The original failure does not occur. Tests still pass. I'd argue that if
we encounter this again, it's an issue at the call site, not this code.
This is a drive-by fix, as I noticed this glitching while working on the
main issue here. Arguably should be it's own PR 🤷 .
The recent changes related to adding support for working beatmap load
cancellation exposed a flaw in the beatmap difficulty cache. With the
way the difficulty computation logic was written, any error in the
calculation process (including beatmap load timeout, or cancellation)
would result in a 0.00 star rating being permanently cached in memory
for the given beatmap.
To resolve, change the difficulty cache's return type to nullable.
In failure scenarios, `null` is returned, rather than
`default(StarDifficulty)` as done previously.
`DifficultyCacheLookup`s were storing raw `Mod` instances into their
`OrderedMods` field. This could cause the cache lookups to wrongly
succeed in cases of mods with settings. The particular case that
triggered this fix was Difficulty Adjust.
Because the difficulty cache is backed by a dictionary, there are two
stages to the lookup; first `GetHashCode()` is used to find the
appropriate hash bucket to look in, and then items from that hash bucket
are compared against the key being searched for via the implementation
of `Equals()`.
As it turns out, the first hashing step ended up being the saving grace
in most cases, as the hash computation included the values of the mod
settings. But the Difficulty Adjust failure case was triggered by the
quirk that `GetHashCode(0) == GetHashCode(null) == 0`.
In such a case, the `Equals()` fallback was used. But as it turns out,
because the `Mod` instance stored to lookups was not cloned and
therefore potentially externally mutable, it could be polluted after
being stored to the dictionary, and therefore breaking the equality
check. Even though all of the setting values were compared, the hash
bucket didn't match the actual contents of the lookup anymore (because
they were mutated externally, e.g. by the user changing the mod setting
values in the mod settings overlay).
To resolve, clone out the mod structure before creating all difficulty
lookups.
The previous code would run a calcaulation for the beatmap's own ruleset
if the current one failed. While this does make sense, with the current
way we use this component (and the implementation flow) it is quite unsafe.

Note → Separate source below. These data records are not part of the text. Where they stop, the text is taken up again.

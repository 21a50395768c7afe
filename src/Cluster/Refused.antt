-- ===== src/Cluster/Refused.antt =====
-- A cluster that the gateway refuses for good.
use provider_crossplane_akui.Common.{
  ok, Result-cases, nonempty, ◌≡◌, refl, sym, ap, subst, inl, inr, true, false, some, arith,
}
use provider_crossplane_akui.Reason.{Error, Err, is_terminal, classify_apply_error}
use provider_crossplane_akui.Managed.{
  reconcile_error, set_conditions, propagate_observed_generation,
}
use provider_crossplane_akui.Guard.{
  TerminalWriteKey, new_terminal_write_key, new_terminal_write_resource_key, Entries, Suppression,
  delete_resource, assign, record_write,
}
use provider_crossplane_akui.Guard.Keys.{suppress-record_write}
use provider_crossplane_akui.Guard.Resource.{
  Alike, has_resource-record_write, new_terminal_write_key-Alike,
}
use provider_crossplane_akui.Base.{
  suppress_terminal_write, record_terminal_write, has_terminal_write_resource,
}
use provider_crossplane_akui.Gateway.State.{ApplyRequest}
use provider_crossplane_akui.Cluster.{
  ClusterResource, ClusterApi, ClusterWorld, cluster_gvk, cluster_write_key, stamp, propagated,
  try_create, create_cluster, try_update, update_cluster,
}
use provider_crossplane_akui.Cluster.Convert.{build_apply_instance_request}
use provider_crossplane_akui.Cluster.Lookup.{get_instance_id, suppress_cluster}
use provider_crossplane_akui.Cluster.Observe.{exists, observe_guarded, observe_cluster}

module _ {S T C : Type 0} (api : ClusterApi S T C) where
  -- The request of a write, which the gateway refuses with an error that is terminal.
  pub record Refused (w : ClusterWorld S) : Type 0 where
    pub key : TerminalWriteKey
    pub request : ApplyRequest
    pub raw : Error
    pub fatal : Error
    pub keyed : cluster_write_key api w.mg ≡ ok key
    pub built :
        build_apply_instance_request api.codecs w.mg.for_provider.instance_id w.mg.for_provider
        ≡ ok request
    pub rejected : (api.apply_instance w.remote request).0 ≡ some raw
    pub classified : classify_apply_error api.errors (some raw) ≡ some fatal
    pub is_fatal : is_terminal (some fatal) ≡ true

  pub cluster_write_key-Alike :
      (mg : ClusterResource) (key : TerminalWriteKey)
      → cluster_write_key api mg ≡ ok key
      → Alike key (new_terminal_write_resource_key mg.meta cluster_gvk)
  unfolding cluster_write_key
  cluster_write_key-Alike mg key h =
      elim (Result-cases
        (build_apply_instance_request api.codecs mg.for_provider.instance_id mg.for_provider)) [
          | inr (e, b) ↦
              new_terminal_write_key-Alike api.sum mg.meta cluster_gvk _ key
                (rw (b, cluster_write_key) at h)
          | inl (req, b) ↦
              new_terminal_write_key-Alike api.sum mg.meta cluster_gvk _ key
                (rw (b, cluster_write_key) at h)
        ]

  module _ (w : ClusterWorld S) (m : Entries) (guarded : w.guard ≡ some m) (r : Refused w) where
    -- The world that such a write leaves.
    unfoldable pub remembered : ClusterWorld S
    remembered = record w {
      remote = (api.apply_instance w.remote r.request).1;
      guard = record_write (some m) r.key (some r.fatal);
    }

    pub writes-refused :
        (create_cluster api w ≡ (some r.fatal, propagated api remembered))
        × (update_cluster api w ≡ (some r.fatal, propagated api remembered))
    unfolding create_cluster try_create update_cluster try_update stamp record_terminal_write
        remembered
    writes-refused = (
      ground (arith, r.keyed, r.built, r.rejected, r.classified, guarded),
      ground (arith, r.keyed, r.built, r.rejected, r.classified, guarded),
    )

    -- The key depends on the parameters, and of the metadata on the UID and the name.
    key_kept : cluster_write_key api (propagated api remembered).mg ≡ ok r.key
    unfolding cluster_write_key new_terminal_write_key remembered
    key_kept = rw r.keyed refl

    has-remembered :
        has_terminal_write_resource remembered.guard (propagated api remembered).mg.meta cluster_gvk
        ≡ true
    unfolding has_terminal_write_resource new_terminal_write_resource_key remembered
    has-remembered =
        has_resource-record_write m r.key _ r.fatal r.is_fatal
          (cluster_write_key-Alike w.mg r.key r.keyed)

    pub recorded_guard :
        record_write (some m) r.key (some r.fatal)
        ≡ some (assign r.key r.fatal (delete_resource r.key m))
    unfolding record_write
    recorded_guard = rw r.is_fatal refl

    abbrev answer_of : Suppression
    answer_of = record {
      obs = record { resource_exists = true; resource_up_to_date = true };
      error = some r.fatal;
      suppressed = true;
      guard = record_write (some m) r.key (some r.fatal);
      managed =
          set_conditions (reconcile_error (some r.fatal)) (propagate_observed_generation w.mg.meta);
    }

    suppress_cluster-remembered :
        w.mg.meta.was_deleted ≡ false
        → suppress_cluster api
            (record_write (some m) r.key (some r.fatal))
            (propagated api remembered).mg
          ≡ answer_of
    unfolding suppress_cluster suppress_terminal_write remembered
    suppress_cluster-remembered live = ground (
      arith,
      recorded_guard,
      key_kept,
      suppress-record_write m (propagate_observed_generation w.mg.meta) r.key r.fatal r.is_fatal
          live,
    )

    -- An observation that returns the error, wants no write, and makes no call.
    abbrev pub IsSilenced : ClusterWorld S → Type 0
    IsSilenced v =
        ((observe_cluster api v).error ≡ some r.fatal)
        × ((observe_cluster api v).obs ≡ exists api true)
        × ((observe_cluster api v).world.remote ≡ v.remote)

    observe-remembered :
        w.mg.meta.was_deleted ≡ false
        → nonempty w.mg.for_provider.instance_id ≡ true
        → IsSilenced (propagated api remembered)
    unfolding observe_cluster observe_guarded get_instance_id remembered
    observe-remembered live n =
        let s = suppress_cluster-remembered live in
        (
          ground (arith, n, has-remembered, s),
          ground (arith, n, has-remembered, s),
          ground (arith, n, has-remembered, s),
        )

    -- A cluster that the gateway refuses with a terminal error is not applied again as long as its
    -- parameters stay: after the Create or the Update of a resource that is not being deleted and
    -- has the ID of its instance, which returns that error, an Observe of the same parameters
    -- returns the error too, reports the cluster as existing and up to date, and makes no call.
    pub refused_cluster-suppressed :
        w.mg.meta.was_deleted ≡ false
        → nonempty w.mg.for_provider.instance_id ≡ true
        → ((create_cluster api w).0 ≡ some r.fatal)
          × ((update_cluster api w).0 ≡ some r.fatal)
          × IsSilenced (create_cluster api w).1
          × IsSilenced (update_cluster api w).1
    refused_cluster-suppressed live n =
        let (c, u) = writes-refused in
        let silent = observe-remembered live n in
        (
          ap (λ (p : Err × ClusterWorld S). p.0) c,
          ap (λ (p : Err × ClusterWorld S). p.0) u,
          subst (λ (p : Err × ClusterWorld S). IsSilenced p.1) (sym c) silent,
          subst (λ (p : Err × ClusterWorld S). IsSilenced p.1) (sym u) silent,
        )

The to the call on `.Result` in the `catch` block, this would 100%
deadlock due to the thread concurrency of the `ThreadedTaskScheduler`
being 1. Even if the nested run could be run inline (it should be), the
task scheduler won't even get to the point of checking whether this is
feasible due to it being saturated by the already running task.

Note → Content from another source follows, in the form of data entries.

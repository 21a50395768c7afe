-- ===== src/Cluster/Forgotten.antt =====
-- A refusal of an Update that the next Observe forgets.
use provider_crossplane_akui.Common.{
  ok, ◌==◌, ◌≡◌, sym, ap, ◌∙◌, String, true, false, none, some, arith,
}
use provider_crossplane_akui.Reason.{Err}
use provider_crossplane_akui.Managed.{no_observation}
use provider_crossplane_akui.Guard.{TerminalWriteKey, Entries, Guard, record_write, clear}
use provider_crossplane_akui.Guard.Resource.{
  Alike, has_resource-record_write, has_resource-clear-Alike, suppress-other_payload,
}
use provider_crossplane_akui.Base.{suppress_terminal_write, has_terminal_write_resource}
use provider_crossplane_akui.Cluster.{
  ClusterParameters, ClusterApi, ClusterWorld, cluster_gvk, cluster_write_key, update_cluster,
}
use provider_crossplane_akui.Cluster.Lookup.{suppress_cluster}
use provider_crossplane_akui.Cluster.Observe.{initialized, observe_named, observe_guarded}
use provider_crossplane_akui.Cluster.Refused.{
  Refused, cluster_write_key-Alike, remembered, writes-refused, recorded_guard,
}

module _ {S T C : Type 0} (api : ClusterApi S T C) where
  module _ (v : ClusterWorld S) (actual : ClusterParameters) (m : Entries)
      (guarded : v.guard ≡ some m) (r : Refused api (initialized api v actual)) where
    -- The guard after the refusal of the update of the cluster as it was late-initialised.
    abbrev pub guard_left : Guard
    guard_left = (update_cluster api (initialized api v actual)).1.guard

    guard_left-recorded : guard_left ≡ record_write (some m) r.key (some r.fatal)
    unfolding remembered
    guard_left-recorded =
        ap (λ (p : Err × ClusterWorld S). p.1.guard)
          (writes-refused api (initialized api v actual) m guarded r).1

    keys-Alike : (key : TerminalWriteKey) → cluster_write_key api v.mg ≡ ok key → Alike r.key key
    keys-Alike key k =
        let (a, b, c, d) =
          cluster_write_key-Alike api (initialized api v actual).mg r.key r.keyed in
        let (e, f, g, h) = cluster_write_key-Alike api v.mg key k in
        (a ∙ sym e, b ∙ sym f, c ∙ sym g, d ∙ sym h)

    suppress_cluster-left :
        (key : TerminalWriteKey)
        → cluster_write_key api v.mg ≡ ok key
        → (r.key.fingerprint == key.fingerprint) ≡ false
        → suppress_cluster api (record_write (some m) r.key (some r.fatal)) v.mg ≡ record {
          obs = no_observation;
          error = none;
          suppressed = false;
          guard = clear (record_write (some m) r.key (some r.fatal)) key;
          managed = v.mg.meta;
        }
    unfolding suppress_cluster suppress_terminal_write
    suppress_cluster-left key k f = ground (
      arith,
      recorded_guard api (initialized api v actual) m guarded r,
      k,
      suppress-other_payload m v.mg.meta r.key key r.fatal r.is_fatal (keys-Alike key k) f,
    )

    has-left :
        has_terminal_write_resource
          (record_write (some m) r.key (some r.fatal))
          v.mg.meta
          cluster_gvk
        ≡ true
    unfolding has_terminal_write_resource
    has-left =
        has_resource-record_write m r.key _ r.fatal r.is_fatal
          (cluster_write_key-Alike api (initialized api v actual).mg r.key r.keyed)

    -- The refusal of an Update is forgotten if late initialisation changes the payload: the next
    -- Observe of the stored resource, which has not been late-initialised, goes on to the gateway,
    -- and with a guard that remembers nothing of the resource.
    pub refused_update-forgotten :
        (key : TerminalWriteKey) (s : S) (id : String)
        → cluster_write_key api v.mg ≡ ok key
        → (r.key.fingerprint == key.fingerprint) ≡ false
        → (has_terminal_write_resource (clear guard_left key) v.mg.meta cluster_gvk ≡ false)
          × (observe_guarded api (record v { remote = s; guard = guard_left }) id
              ≡ observe_named api (record v { remote = s; guard = clear guard_left key }) id)
    unfolding observe_guarded has_terminal_write_resource
    refused_update-forgotten key s id k f = (
      has_resource-clear-Alike guard_left key _ (cluster_write_key-Alike api v.mg key k),
      ground (arith, guard_left-recorded, has-left, suppress_cluster-left key k f),
    )
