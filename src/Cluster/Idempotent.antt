-- ===== src/Cluster/Idempotent.antt =====
-- The steps of late initialisation, done twice.
use provider_crossplane_akui.Common.{
  Bool-cases, ◌≡◌, refl, sym, ap, ◌∙◌, inl, inr, String, true, false, Option, none, some, arith,
}
use provider_crossplane_akui.Common.Text.{equal_fold}
use provider_crossplane_akui.ClusterTypes.{ClusterData}
use provider_crossplane_akui.KargoAgent.Normalize.{or_observed, normalize_ptr_field}
use provider_crossplane_akui.Cluster.Normalize.{late_sized, late_rendered}

normalize_ptr_field_again :
    {A : Type 0} (x y : Option A)
    → normalize_ptr_field (normalize_ptr_field x y) y ≡ normalize_ptr_field x y
normalize_ptr_field_again none none = refl
normalize_ptr_field_again none (some y) = refl
normalize_ptr_field_again (some x) y = refl

pub or_observed_again : (x y : String) → or_observed (or_observed x y) y ≡ or_observed x y
or_observed_again x y = ground arith

late_sized_idem : (d a : ClusterData) → late_sized (late_sized d a) a ≡ late_sized d a
late_sized_idem d a = cc (
  normalize_ptr_field_again d.auto_upgrade_disabled a.auto_upgrade_disabled,
  normalize_ptr_field_again d.app_replication a.app_replication,
  or_observed_again d.target_version a.target_version,
  normalize_ptr_field_again d.redis_tunneling a.redis_tunneling,
  or_observed_again d.size a.size,
  normalize_ptr_field_again d.multi_cluster_k8s_dashboard_enabled
      a.multi_cluster_k8s_dashboard_enabled,
  normalize_ptr_field_again d.pod_inherit_metadata a.pod_inherit_metadata,
)

-- The data with the two fields that a custom size keeps.
abbrev rendered_too : ClusterData → ClusterData → ClusterData
rendered_too d a = record d {
  kustomization = or_observed d.kustomization a.kustomization;
  autoscaler_config = normalize_ptr_field d.autoscaler_config a.autoscaler_config;
}

late_rendered-other :
    (d a : ClusterData) → equal_fold d.size "custom" ≡ false → late_rendered d a ≡ rendered_too d a
late_rendered-other d a n = rw n refl

late_rendered-custom :
    (d a : ClusterData) → equal_fold d.size "custom" ≡ true → late_rendered d a ≡ d
late_rendered-custom d a y = rw y refl

rendered_too_idem : (d a : ClusterData) → rendered_too (rendered_too d a) a ≡ rendered_too d a
rendered_too_idem d a = cc (
  or_observed_again d.kustomization a.kustomization,
  normalize_ptr_field_again d.autoscaler_config a.autoscaler_config,
)

unfoldable pub late_data : ClusterData → ClusterData → ClusterData
late_data d a = late_rendered (late_sized d a) a

pub late_data_idem : (d a : ClusterData) → late_data (late_data d a) a ≡ late_data d a
unfolding late_data
late_data_idem d a =
    let l = late_sized d a in
    elim (Bool-cases (equal_fold l.size "custom")) [
      | inl y ↦
          ap (λ (x : ClusterData). late_rendered (late_sized x a) a) (late_rendered-custom l a y)
          ∙ ap (λ (x : ClusterData). late_rendered x a) (late_sized_idem d a)
      | inr n ↦
          let other = late_rendered-other l a n in
          ap (λ (x : ClusterData). late_rendered (late_sized x a) a) other
          ∙ ap (λ (x : ClusterData). late_rendered (rendered_too x a) a) (late_sized_idem d a)
          ∙ late_rendered-other (rendered_too l a) a n
          ∙ rendered_too_idem l a
          ∙ sym other
    ]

I'm not sure if we still need this fallback lookup logic. After removing
it, it's feasible that 0 stars will be returned during the scenario that
previously caused a deadlock, but I don't necessarily think this is
incorrect. There may be another reason for this needing to exist which
I'm not aware of (diffcalc?) but if that's the case we may want to move
the try-catch handling to the point of usage.
To reproduce the deadlock scenario with 100% success (the repro
instructions in the linked issue aren't that simple and require some
patience and good timing), the main portion of the lookup can be changed
to randomly trigger a nested lookup:
```
if (RNG.NextSingle() > 0.5f)
return GetAsync(new
DifficultyCacheLookup(key.Beatmap, key.Beatmap.Ruleset,
key.OrderedMods)).Result;
else
return new StarDifficulty(attributes);
```
After switching beatmap once or twice, pausing debug and viewing the
state of threads should show exactly what is going on.